If you have diskful thinly-provisioned resources on A and B, A goes offline and the resource on B gets deleted. If A does not perform the cleanup and the controller just releases the reserved data of the resource on node B, that data will be reused on next resource create. Right now I am talking about node-id's in particular but could also be true for others, maybe even from future features. So lets say you create a new resource on C (although B would also be free, we just choose to not use it for this scenario). C gets the same node-id as the already deleted B. When A comes back online again, obviously it updates its .res file connecting to C instead of B, but as the node-id are the same, the entire initial sync is skipped - not just the full-sync but also the partial sync from day-zero. In this case C would read garbage from its local disk until it gets finally updated from A (through a write operation on A). But the actual worst-case scenario would be if not A but C would become primary, and only updates small parts whereas the "untouched" part of the blocks would get replicated to A, effectively destroying your good data on A also.
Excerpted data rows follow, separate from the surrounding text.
-- ===== src/Lkm/System/View.antt =====
-- What the rest of the module sees of the allocators of lkm/core/api.c: a map from an allocator and a
-- number to the thread, without the references, the table and the free list.
use shadow_stack_llvm.Prelude.{
  ℕ, ◌+◌, ◌-◌, ◌≡◌, refl, sym, ap, ◌∙◌, inl, inr, false, Option, none, some, arith, ◌==◌, ◌&&◌,
  if◌then◌else◌, update, Bool-cases, Option-cases, ◌≢◌,
}
use shadow_stack_llvm.Lkm.Memory.{Memory}
use shadow_stack_llvm.Lkm.PageTable.{PageTables}
use shadow_stack_llvm.Lkm.Xarray.{Xarray, Slot, free, reserved, entry, loaded}
use shadow_stack_llvm.Lkm.Threads.{ThreadDesc, Focus}
use shadow_stack_llvm.Lkm.System.{
  Desc, System, unfocus, alloc_create, alloc_destroy, alloc_find, alloc_get, alloc_put,
}
use shadow_stack_llvm.Lkm.System.Keys.{Stacks}
use shadow_stack_llvm.Lkm.System.Invariant.{one, none_held, Inv}
use shadow_stack_llvm.Lkm.Errno.{Ret-cases}
use shadow_stack_llvm.Lkm.System.Table.{erased, erase-Inv}
use shadow_stack_llvm.Lkm.System.Refs.{one_self, loaded-entry}

-- An allocator, named by its descriptor, and a number.
abbrev pub ThreadMap : Type 0
ThreadMap = ℕ → ℕ → Option ThreadDesc

pub Slot-free : {V : Type 0} (u : Slot V) → ((v : V) → u ≢ entry v) → loaded u ≡ none
Slot-free free h = refl
Slot-free reserved h = refl
Slot-free (entry v) h = absurd (h v refl)

module _ (m : Memory) (t : PageTables) (x : Xarray ThreadDesc) (reg : Xarray ℕ) where
  open x use {slot, size, size-entry, xa_erase, xa_erase-slot}

  abbrev pub threads_of : Option (Desc m t x reg) → ℕ → Option ThreadDesc
  threads_of none i = none
  threads_of (some d) i = loaded (slot d.threads i)

  abbrev pub thread_map : System m t x reg → ThreadMap
  thread_map s p i = threads_of (s.desc p) i

  -- The map after a change of one descriptor.
  thread_map-update :
      (s : System m t x reg) (p : ℕ) (o : Option (Desc m t x reg)) (q j : ℕ)
      → threads_of (update s.desc p o q) j ≡ (if q == p then threads_of o j else thread_map s q j)
  thread_map-update s p o q j = elim (Bool-cases (q == p)) [
    | inl hit ↦ rw hit refl
    | inr miss ↦ rw miss refl
  ]

  -- A change of one descriptor that keeps its threads.
  pub thread_map-kept :
      (s : System m t x reg) (p : ℕ) (o : Option (Desc m t x reg))
      → ((j : ℕ) → threads_of o j ≡ thread_map s p j)
      → (q j : ℕ) → threads_of (update s.desc p o q) j ≡ thread_map s q j
  thread_map-kept s p o h q j = elim (Bool-cases (q == p)) [
    | inl hit ↦
        let same : q ≡ p = ground (arith, hit) in thread_map-update s p o q j ∙ rw (hit, same) (h j)
    | inr miss ↦ thread_map-update s p o q j ∙ rw miss refl
  ]

  empty-threads :
      (d : Desc m t x reg) → size d.threads ≡ 0 → (j : ℕ) → loaded (slot d.threads j) ≡ none
  empty-threads d none_there j = Slot-free (slot d.threads j) (λ v e.
      let a = (xa_erase j d.threads).1 in
      let erased = xa_erase-slot j d.threads in
      let now : slot a j ≡ free = erased j ∙ ground arith in
      let back : (k : ℕ) → slot d.threads k ≡ (if k == j then entry v else slot a k) = λ k.
        elim (Bool-cases (k == j)) [
          | inl hit ↦ let same : k ≡ j = ground (arith, hit) in rw (hit, same) e
          | inr miss ↦ rw miss (sym (erased k ∙ rw miss refl))
        ] in
      let n = size-entry j v a d.threads now back in omega (arith, n, none_there))

  -- A reference that is dropped takes no thread with it.
  pub thread_map-alloc_put :
      {held : Stacks} (p : ℕ) (d : Desc m t x reg) (s : System m t x reg)
      → s.desc p ≡ some d
      → Inv m t x reg (one p) held s
      → (q j : ℕ) → thread_map (alloc_put m t x reg p s) q j ≡ thread_map s q j
  unfolding alloc_put
  thread_map-alloc_put p d s at_p i q j = elim (Bool-cases (d.kref == 1)) [
    | inr more ↦
        rw (at_p, more, alloc_put)
          (thread_map-kept s p (some (record d { kref = d.kref - 1 })) (λ k. rw at_p refl) q j)
    | inl last ↦
        let last_one : d.kref ≡ 1 = ground (arith, last) in
        let unused : size d.threads ≡ 0 = omega (arith, i.counted p d at_p, last_one, one_self p) in
        rw (at_p, last, alloc_put)
          (thread_map-kept s p none (λ k. rw at_p (sym (empty-threads d unused k))) q j)
  ]

  pub thread_map-alloc_get :
      {held : Stacks} (tgid : ℕ) (s : System m t x reg)
      → Inv m t x reg none_held held s
      → (q j : ℕ) → thread_map (alloc_get m t x reg tgid s).1 q j ≡ thread_map s q j
  unfolding alloc_get alloc_find
  thread_map-alloc_get tgid s i q j = elim (Option-cases (loaded (reg.slot s.sa_allocators tgid))) [
    | inl e ↦ rw (e, alloc_get) refl
    | inr (p, e) ↦
        let (d, at_p, tg) = i.table tgid p (loaded-entry (reg.slot s.sa_allocators tgid) p e) in
        let positive = i.alive p d at_p in
        let not_zero : (d.kref == 0) ≡ false = ground arith in
        rw (e, at_p, not_zero, alloc_get)
          (thread_map-kept s p (some (record d { kref = d.kref + 1 })) (λ k. rw at_p refl) q j)
  ]

  pub thread_map-unfocus :
      (tgid p : ℕ) (d : Desc m t x reg) (f : Focus m t x) (s : System m t x reg) (q j : ℕ)
      → thread_map (unfocus m t x reg tgid p d f s) q j
        ≡ (if q == p then loaded (slot f.threads j) else thread_map s q j)
  thread_map-unfocus tgid p d f s q j =
      thread_map-update s p (some (record d { threads = f.threads; max_id = f.max_id })) q j

  -- A call that leaves every number as it was.
  pub thread_map-refused :
      (tgid p : ℕ) (d : Desc m t x reg) (f : Focus m t x) (s : System m t x reg)
      → s.desc p ≡ some d
      → ((j : ℕ) → loaded (slot f.threads j) ≡ loaded (slot d.threads j))
      → (q j : ℕ) → thread_map (unfocus m t x reg tgid p d f s) q j ≡ thread_map s q j
  thread_map-refused tgid p d f s at_p same q j =
      thread_map-kept s p (some (record d { threads = f.threads; max_id = f.max_id }))
        (λ k. rw at_p (same k)) q j

  -- A call that changes what one number has.
  pub thread_map-changed :
      (tgid p id : ℕ) (u : Slot ThreadDesc) (d : Desc m t x reg) (f : Focus m t x)
      (s : System m t x reg)
      → s.desc p ≡ some d
      → ((j : ℕ) → slot f.threads j ≡ (if j == id then u else slot d.threads j))
      → (q j : ℕ)
      → thread_map (unfocus m t x reg tgid p d f s) q j
        ≡ (if (q == p) && (j == id) then loaded u else thread_map s q j)
  thread_map-changed tgid p id u d f s at_p h q j =
      thread_map-unfocus tgid p d f s q j ∙ elim (Bool-cases (q == p)) [
        | inr miss ↦ rw miss refl
        | inl hit ↦
            let same : q ≡ p = ground (arith, hit) in
            elim (Bool-cases (j == id)) [
              | inl there ↦ rw (hit, there) (ap loaded (h j ∙ rw there refl))
              | inr other ↦ rw (hit, other, same, at_p) (ap loaded (h j ∙ rw other refl))
            ]
      ]

  -- A new descriptor has no thread.
  pub thread_map-alloc_create :
      (p tgid : ℕ) (no_threads : x.Array) (s : System m t x reg)
      → s.desc p ≡ none
      → ((j : ℕ) → slot no_threads j ≡ free)
      → (q j : ℕ)
      → thread_map (alloc_create m t x reg (some p) no_threads tgid s).1 q j ≡ thread_map s q j
  unfolding alloc_create
  thread_map-alloc_create p tgid no_threads s absent empty q j =
      let d : Desc m t x reg = record { tgid = tgid; threads = no_threads; max_id = 0; kref = 1 } in
      elim (Ret-cases (reg.xa_insert tgid p s.sa_allocators).0) [
        | inr (e, bad) ↦ rw bad refl
        | inl ok ↦ rw ok (thread_map-kept s p (some d) (λ k. rw absent (ap loaded (empty k))) q j)
      ]

  -- An allocator that is destroyed leaves its threads in the map.
  pub thread_map-alloc_destroy :
      {held : Stacks} (p tgid : ℕ) (s : System m t x reg)
      → Inv m t x reg none_held held s
      → reg.slot s.sa_allocators tgid ≡ entry p
      → (q j : ℕ) → thread_map (alloc_destroy m t x reg (some p) s) q j ≡ thread_map s q j
  unfolding alloc_destroy
  thread_map-alloc_destroy p tgid s i listed q j =
      let (d, at_p, tg) = i.table tgid p listed in
      rw (at_p, alloc_destroy)
        (thread_map-alloc_put p d (erased m t x reg d s) at_p
          (erase-Inv m t x reg s p d i at_p (ap (reg.slot s.sa_allocators) tg ∙ listed)) q j)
But they can do cleanup later, when the broken node return online, isn't it?
Yes they can cleanup later, but Linstor needs some data to describe what needs updated. That data is the resource-object which stays in DELETING
state :)
Don't get me wrong, I'm not trying to convince anyone here that the way it is is the only possibly solution and should not be touched. Solving something like this is just not that trivial as I'm afraid it could require changes of parts of the core-design of Linstor... But I still have to think about this more (when I find some time at least)
Very clear, thank you! And now I am learning the amazing details of the DRBD implementation.
OK, now I understand the original problem. I just thinking how can we solve this with no changes in core design. And i think I have some ideas.
-
Can't we just exclude the diskless resources from this check? If I understand it correct they it does not participate in synchronization process, thus we can do not wait until node with the diskless resource become online and confirm the deletion. However you mentioned some future features, so I'm not sure if this solution is acceptable.
-
Another option would be to implement the check: if the offline node should confirm the deletion, or it already has no any connection with this resource from the beginning. Eg when deleting resource created after the node become offline.
Any way I like your idea with unrelenting the resources, I think this is working solution as well.
@ghernadi I'm not hurrying you to solve this problem at all, it was just interesting topic to decide to me. Thank you for your feedback!